Thanks. It's been a fun, but very long project.

Starting to make some more progress. I extended the Annie pieces a bit. I used some brass rod and tube. The original is on top in this picture.












The eccentric rod was cut in two and reinforced with some brass strip. I filled in the gap with JB Weld.











Once painted, it's hard to see the joint.










While the paint was drying, I decided to work on the smoke box front. I had obtained some smoke box dogs from Ozark, but ended up cutting off the tails as they didn't look quite right.











I filed down the ends and now they're closer to the prototype.


----------



## Dave Ottney (Jan 2, 2008)

Oh man this just gets better every time you post. 
Dave


----------



## Mr Ron (Sep 23, 2009)

Hi Bruce, I like your project presentation. I'm sure it was time consumming, but it serves to inspire others. The Mikado looks great. Even though I work at 1 1/2" scale, I am able to use your ideas in my own construction. Driver quartering is one of those tasks that I need improvement. I would like to ask you; how do you emboss the rivets in the tender? Are they done by hand or did you make a machine to do it? Also I notice your avitar looks like an Ingersol Rand diesel. I'm building a model of that engine now at 1 1/2" scale. It will be powered by 4 electric motors and a12V storage battery.
Ron from Mississippi


----------



## Bruce Chandler (Jan 2, 2008)

Thanks, guys.

Ron, the riveting on the tender (as well of the cab and smokebox) is done with a riveting tool from MicroMark, along with a set of their dies.

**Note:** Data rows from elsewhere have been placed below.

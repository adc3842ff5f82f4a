-- ===== src/Tokenizer.antt =====
-- The tokenizer of inference/core/tokenizer.c, less the loading of vocabularies and the rendering of
-- chat templates.
pub mod Types
pub mod Lookup
pub mod Bytes
pub mod Specials
pub mod Decode
pub mod Merges
pub mod Spells
pub mod Sentence
pub mod Greedy
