-- ===== src/Wire.antt =====
-- The line protocol between the nodes: serve/protocol.h, serve/frame.h and the line reader of
-- serve/sock.h.
pub mod Protocol
pub mod Frame
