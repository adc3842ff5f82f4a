-- ===== src/Wire/Frame/Fields.antt =====
-- `frame_get` against `proto_get`, the same search in another header.
use mathlib.Core.Option
use yllm.Base.{ℕ, zero, suc, ◌-◌, ◌≡◌, refl, [], ◌∷◌, arith, length, take}
use yllm.Base.Scan.{is_blank, not_blank}
use yllm.Base.Text.{Bytes, drop_while, take_while}
use yllm.Wire.Frame.{Frame, frame_get_loop, frame_get}
use yllm.Wire.Protocol.{get_loop, proto_get}

-- The value as `frame_get` copies it.
abbrev pub copied : ℕ → Bytes → Bytes
copied outsz v = take (outsz - 1) (take_while not_blank v)

frame_get_loop-get_loop :
    (fuel : ℕ) (key : Bytes) (outsz : ℕ) (p : Bytes)
    → frame_get_loop fuel key outsz p ≡ Option.map (copied outsz) (get_loop fuel key p)
unfolding frame_get_loop get_loop
frame_get_loop-get_loop zero key outsz p = refl
frame_get_loop-get_loop (suc fuel) key outsz [] = refl
frame_get_loop-get_loop (suc fuel) key outsz (c ∷ cs) = ground (
  arith,
  frame_get_loop-get_loop fuel key outsz (drop_while not_blank (drop_while is_blank (c ∷ cs))),
)

-- `frame_get` copies the value that `proto_get` points at, up to the next blank and to the size of
-- the buffer; it fails where `proto_get` returns null.
pub frame_get-proto_get :
    (f : Frame) (key : Bytes) (outsz : ℕ)
    → frame_get f key outsz ≡ Option.map (copied outsz) (proto_get f.args key)
unfolding frame_get proto_get
frame_get-proto_get f key outsz = frame_get_loop-get_loop (suc (length f.args)) key outsz f.args
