-- ===== src/Wire/Protocol/Fields.antt =====
-- `proto_get` against the plain reading of a line as words.
use yllm.Base.{
  ℕ, zero, suc, ◌<◌, ◌≡◌, refl, sym, ◌∙◌, ap, subst, ◌⊎◌, Bool, true, false, ◌&&◌, Option, none,
  some, [], ◌∷◌, arith, if◌then◌else◌, Bool-cases, inl, inr, length,
}
use yllm.Base.Scan.{is_blank, not_blank, strip_prefix}
use yllm.Base.Text.{Bytes, drop_while, length-drop_while-le}
use yllm.Wire.Protocol.{value_at, get_loop, proto_get}

-- The value of the first word that begins with the key and an equals sign, in one walk over the
-- line. The flag is whether a word may begin here.
unfoldable pub first_value : Bytes → Bool → Bytes → Option Bytes
first_value key starts [] = none
first_value key starts (c ∷ cs) =
    let later = first_value key (is_blank c) cs in
    elim (if starts && not_blank c then value_at key (c ∷ cs) else none) [
      | none ↦ later
      | some v ↦ some v
    ]

first_value-skip_blank :
    (key s : Bytes) → first_value key true s ≡ first_value key true (drop_while is_blank s)
unfolding first_value
first_value-skip_blank key [] = refl
first_value-skip_blank key (c ∷ s) = ground (arith, first_value-skip_blank key s)

first_value-skip_word :
    (key s : Bytes) → first_value key false s ≡ first_value key true (drop_while not_blank s)
unfolding first_value
first_value-skip_word key [] = refl
first_value-skip_word key (c ∷ s) = ground (arith, first_value-skip_word key s)

value_at-nil : (key : Bytes) → value_at key [] ≡ none
unfolding value_at strip_prefix
value_at-nil [] = refl
value_at-nil (k ∷ ks) = refl

-- At the start of a word.
first_value_word :
    (key : Bytes) (c : ℕ) (s : Bytes)
    → is_blank c ≡ false
    → first_value key true (c ∷ s) ≡ elim (value_at key (c ∷ s)) [
      | none ↦ first_value key true (drop_while not_blank (c ∷ s))
      | some v ↦ some v
    ]
unfolding first_value
first_value_word key c s h = ground (arith, first_value-skip_word key s)

-- Where skipping blanks stops.
drop_blanks :
    (s : Bytes)
    → (drop_while is_blank s ≡ [])
      ⊎ ((d : ℕ) × (ds : Bytes) × (drop_while is_blank s ≡ d ∷ ds) × (is_blank d ≡ false))
drop_blanks [] = inl refl
drop_blanks (c ∷ s) = elim (Bool-cases (is_blank c)) [
  | inl blank ↦ elim (drop_blanks s) [
    | inl end ↦ inl (ground arith)
    | inr (d, ds, at, word) ↦ inr (d, ds, ground arith, word)
  ]
  | inr word ↦ inr (c, s, ground arith, word)
]

get_loop_round :
    (fuel : ℕ) (key : Bytes) (c : ℕ) (cs p : Bytes)
    → drop_while is_blank (c ∷ cs) ≡ p
    → get_loop (suc fuel) key (c ∷ cs) ≡ elim (value_at key p) [
      | none ↦ get_loop fuel key (drop_while not_blank p)
      | some v ↦ some v
    ]
unfolding get_loop
get_loop_round fuel key c cs p e =
    subst
      (λ q. get_loop (suc fuel) key (c ∷ cs) ≡ elim (value_at key q) [
        | none ↦ get_loop fuel key (drop_while not_blank q)
        | some v ↦ some v
      ])
      e refl

get_loop-nil : (fuel : ℕ) (key : Bytes) → get_loop fuel key [] ≡ none
unfolding get_loop
get_loop-nil zero key = refl
get_loop-nil (suc fuel) key = refl

get_loop-first_value :
    (fuel : ℕ) (key p : Bytes) → length p < fuel → get_loop fuel key p ≡ first_value key true p
get_loop-first_value zero key p h = elim h [ ]
get_loop-first_value (suc fuel) key [] h = unfold first_value in get_loop-nil (suc fuel) key
get_loop-first_value (suc fuel) key (c ∷ cs) h = elim (drop_blanks (c ∷ cs)) [
  | inl end ↦
      rw
        (
          get_loop_round fuel key c cs [] end,
          first_value-skip_blank key (c ∷ cs),
          end,
          value_at-nil key,
        )
        (unfold first_value in get_loop-nil fuel key)
  | inr (d, ds, at, word) ↦
      let shorter : length (drop_while not_blank (d ∷ ds)) < fuel = ground (
        arith,
        length-drop_while-le is_blank (c ∷ cs),
        length-drop_while-le not_blank ds,
        ap length at,
      ) in
      get_loop_round fuel key c cs (d ∷ ds) at
      ∙ ap (λ (r : Option Bytes). elim (value_at key (d ∷ ds)) [ none ↦ r | some v ↦ some v ])
          (get_loop-first_value fuel key (drop_while not_blank (d ∷ ds)) shorter)
      ∙ sym (first_value_word key d ds word)
      ∙ ap (first_value key true) (sym at)
      ∙ sym (first_value-skip_blank key (c ∷ cs))
]

-- `proto_get` finds the value of the first word of the line that is `key=value`.
pub proto_get-first_value : (line key : Bytes) → proto_get line key ≡ first_value key true line
unfolding proto_get
proto_get-first_value line key = get_loop-first_value (suc (length line)) key line (omega arith)
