-- ===== src/Table/Pat/Tests.antt =====
-- src/table.c: `parse_pat` on a table of two programs.
use tsanalyze.Base.{
  ℕ, List, false, ◌+◌, true, Option, none, some, [], ◌∷◌, Bytes, length, replicate, Heap, ◌≡◌, refl,
  arith,
}
use tsanalyze.Filter.{no_slot}
use tsanalyze.Table.Ops.{Psi}
use tsanalyze.Table.Version.{check_section_header_version}
use tsanalyze.Table.Pat.{Pat, Pats, parsed, new_pat, add_pat, parse_pat}
use tsanalyze.Table.Pat.View.{pid_of, IsPat, Marks}
use tsanalyze.Table.Pat.Programs.{encode, Entry, Registered, assign}
use tsanalyze.Table.Header.Section.{section_bytes}
use tsanalyze.Table.Pat.Whole.{parse_pat-encode}

abbrev two_programs : List Entry
two_programs =
    record { number = 1; reserved = 7; pid = 0x100 }
    ∷ record { number = 2; reserved = 7; pid = 0x1FFE }
    ∷ []

abbrev checksum : Bytes
checksum = 1 ∷ 2 ∷ 3 ∷ 4 ∷ []

abbrev plenty : ℕ → Option Bytes
plenty n = some (replicate n 7)

abbrev no_heap : Heap
no_heap = record { next = 0; block = λ _. none }

abbrev no_pats : Pats
no_pats = record { pat = none; previous = [] }

abbrev no_maps : Psi
no_maps = record {
  pmt_bitmap = replicate 128 0;
  section_bitmap = replicate 128 0;
  filters = λ _. record { cap = 0; slots = []; map = λ _. no_slot; multi = false };
}

parse_pat-encode_example :
    (p' : Pat) × (psi' : Psi) × (mem' : Heap) × (parse_pat true true plenty true
        (some (section_bytes 0 1 0xC1 (encode two_programs) checksum))
        (9 + length (encode two_programs) + 3)
        no_pats
        no_maps
        no_heap
      ≡ some (parsed, record (add_pat new_pat no_pats) { pat = some p' }, psi', mem'))
    × IsPat p'
    × ((m : ℕ) → pid_of p'.programs m ≡ assign two_programs (λ _. none) m)
    × Marks no_maps psi'
    × Registered two_programs (λ _. none) psi'
unfolding check_section_header_version
parse_pat-encode_example =
    parse_pat-encode plenty 0 1 0xC1 two_programs checksum (replicate 17 7) no_pats no_maps no_heap
      ((omega arith, omega arith, omega arith), ((omega arith, omega arith, omega arith), tt))
      (omega arith) refl refl refl refl refl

There's some more information about this tool and techniques over here 

My avatar is a model of a Narrow Gauge boxcab based on the Ingersol Rand SG diesel. Very freelanced. It uses the Bachmann 45 ton diesel trucks and the rest is built up from styrene.












I started that project back in January 2006. You can view the log here. An article describing it's construction was published in the February 2007 issue of Garden Railways.

If I were doing it today, I'd probably build the body out of clear acrylic and then glue the styrene panels to that.


----------



## Bruce Chandler (Jan 2, 2008)

I started assembling the valve gear today. It's time like these that I appreciate the closer tolerances of the Annie valve gear. The Aristo drivers have rod attachment points that are way too long.










I probably should have cut down all of them, but I didn't. I'm going to have to cut this one done that holds the eccentric rod, as it is way too long. I just ordered a metric 2.5 tap, so I'll have to wait until that comes before I complete the assembly.

Meanwhile, it's painted, but chipping. I tried Blacken-it on it, but it really didn't take; I had to sand some places to make it fit.









So, while I wait for my metric tap, I decided to work on the back head "detail".

The one that comes with the Annie is just the right diameter, but a tad short.









I got some butterfly doors from Ozark and put them in place after I stripped off a bit of detail here and there. A styrene sheet filled the gap and I painted on my rivets, as I wanted a flattened look, not the distinct ones that my riveter will produce. The brass replaces some original plastic pieces.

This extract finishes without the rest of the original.